[Entries taken from a collection]
● ● ●

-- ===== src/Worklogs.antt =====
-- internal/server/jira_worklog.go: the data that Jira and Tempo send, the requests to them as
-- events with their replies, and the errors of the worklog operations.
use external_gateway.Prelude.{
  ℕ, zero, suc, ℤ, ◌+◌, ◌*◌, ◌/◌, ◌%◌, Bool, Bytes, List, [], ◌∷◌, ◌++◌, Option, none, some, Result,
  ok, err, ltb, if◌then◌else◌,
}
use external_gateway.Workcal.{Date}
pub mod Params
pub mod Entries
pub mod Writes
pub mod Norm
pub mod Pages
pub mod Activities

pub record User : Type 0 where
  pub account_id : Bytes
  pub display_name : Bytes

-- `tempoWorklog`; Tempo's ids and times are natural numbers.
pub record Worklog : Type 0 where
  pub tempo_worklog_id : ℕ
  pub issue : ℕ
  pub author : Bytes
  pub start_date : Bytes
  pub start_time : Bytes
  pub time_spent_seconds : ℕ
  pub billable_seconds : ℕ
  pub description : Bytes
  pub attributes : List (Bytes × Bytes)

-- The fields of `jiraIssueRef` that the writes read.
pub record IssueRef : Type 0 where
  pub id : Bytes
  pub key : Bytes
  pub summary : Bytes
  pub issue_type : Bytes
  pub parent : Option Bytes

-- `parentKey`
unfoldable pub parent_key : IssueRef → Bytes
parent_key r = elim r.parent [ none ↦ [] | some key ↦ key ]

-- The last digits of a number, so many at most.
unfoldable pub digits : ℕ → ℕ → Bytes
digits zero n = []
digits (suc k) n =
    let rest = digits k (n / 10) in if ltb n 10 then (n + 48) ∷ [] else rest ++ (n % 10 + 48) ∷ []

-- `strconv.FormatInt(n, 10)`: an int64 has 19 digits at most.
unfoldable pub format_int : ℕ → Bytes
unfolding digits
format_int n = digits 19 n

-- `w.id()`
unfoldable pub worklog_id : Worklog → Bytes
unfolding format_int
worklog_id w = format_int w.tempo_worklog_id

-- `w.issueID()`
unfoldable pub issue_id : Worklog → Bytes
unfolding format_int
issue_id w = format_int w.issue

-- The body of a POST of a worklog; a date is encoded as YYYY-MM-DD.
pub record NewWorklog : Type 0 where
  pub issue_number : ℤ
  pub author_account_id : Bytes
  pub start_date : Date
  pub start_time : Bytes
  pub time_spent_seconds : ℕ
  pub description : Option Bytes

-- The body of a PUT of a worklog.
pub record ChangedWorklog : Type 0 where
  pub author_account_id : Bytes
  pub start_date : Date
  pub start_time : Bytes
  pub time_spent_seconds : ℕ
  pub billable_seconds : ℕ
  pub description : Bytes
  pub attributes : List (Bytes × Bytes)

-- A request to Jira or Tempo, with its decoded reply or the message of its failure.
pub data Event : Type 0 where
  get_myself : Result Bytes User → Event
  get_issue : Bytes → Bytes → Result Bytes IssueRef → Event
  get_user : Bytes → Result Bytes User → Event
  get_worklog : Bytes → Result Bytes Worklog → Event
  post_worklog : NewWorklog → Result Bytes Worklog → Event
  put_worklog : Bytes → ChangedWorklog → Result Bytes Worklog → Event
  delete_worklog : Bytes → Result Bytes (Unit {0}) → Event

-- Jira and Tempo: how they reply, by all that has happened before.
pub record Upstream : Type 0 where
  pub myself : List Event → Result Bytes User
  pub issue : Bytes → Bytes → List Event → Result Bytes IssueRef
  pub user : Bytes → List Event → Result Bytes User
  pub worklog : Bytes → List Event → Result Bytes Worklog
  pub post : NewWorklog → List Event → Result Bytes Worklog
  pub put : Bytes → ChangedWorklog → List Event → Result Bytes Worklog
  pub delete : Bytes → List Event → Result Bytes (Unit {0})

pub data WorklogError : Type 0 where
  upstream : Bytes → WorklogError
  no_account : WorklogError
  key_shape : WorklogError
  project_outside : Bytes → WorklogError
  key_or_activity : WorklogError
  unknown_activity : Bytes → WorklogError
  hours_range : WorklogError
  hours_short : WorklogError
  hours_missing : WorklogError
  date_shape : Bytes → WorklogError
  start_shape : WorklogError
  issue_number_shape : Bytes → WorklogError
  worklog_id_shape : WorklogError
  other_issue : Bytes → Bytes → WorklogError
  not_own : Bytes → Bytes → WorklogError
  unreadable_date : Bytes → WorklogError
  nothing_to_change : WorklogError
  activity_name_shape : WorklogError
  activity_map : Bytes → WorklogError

● ● ●

_TASK DETAILS_.
In the data above, retype exactly and only the lines between the one holding "pub description : Option Bytes" and the one holding "other_issue : Bytes → Bytes → WorklogError", inclusive.

_RESPONSE AREA_.
  pub description : Option Bytes

-- The body of a PUT of a worklog.
pub record ChangedWorklog : Type 0 where
  pub author_account_id : Bytes
  pub start_date : Date
  pub start_time : Bytes
  pub time_spent_seconds : ℕ
  pub billable_seconds : ℕ
  pub description : Bytes
  pub attributes : List (Bytes × Bytes)

-- A request to Jira or Tempo, with its decoded reply or the message of its failure.
pub data Event : Type 0 where
  get_myself : Result Bytes User → Event
  get_issue : Bytes → Bytes → Result Bytes IssueRef → Event
  get_user : Bytes → Result Bytes User → Event
  get_worklog : Bytes → Result Bytes Worklog → Event
  post_worklog : NewWorklog → Result Bytes Worklog → Event
  put_worklog : Bytes → ChangedWorklog → Result Bytes Worklog → Event
  delete_worklog : Bytes → Result Bytes (Unit {0}) → Event

-- Jira and Tempo: how they reply, by all that has happened before.
pub record Upstream : Type 0 where
  pub myself : List Event → Result Bytes User
  pub issue : Bytes → Bytes → List Event → Result Bytes IssueRef
  pub user : Bytes → List Event → Result Bytes User
  pub worklog : Bytes → List Event → Result Bytes Worklog
  pub post : NewWorklog → List Event → Result Bytes Worklog
  pub put : Bytes → ChangedWorklog → List Event → Result Bytes Worklog
  pub delete : Bytes → List Event → Result Bytes (Unit {0})

pub data WorklogError : Type 0 where
  upstream : Bytes → WorklogError
  no_account : WorklogError
  key_shape : WorklogError
  project_outside : Bytes → WorklogError
  key_or_activity : WorklogError
  unknown_activity : Bytes → WorklogError
  hours_range : WorklogError
  hours_short : WorklogError
  hours_missing : WorklogError
  date_shape : Bytes → WorklogError
  start_shape : WorklogError
  issue_number_shape : Bytes → WorklogError
  worklog_id_shape : WorklogError
  other_issue : Bytes → Bytes → WorklogError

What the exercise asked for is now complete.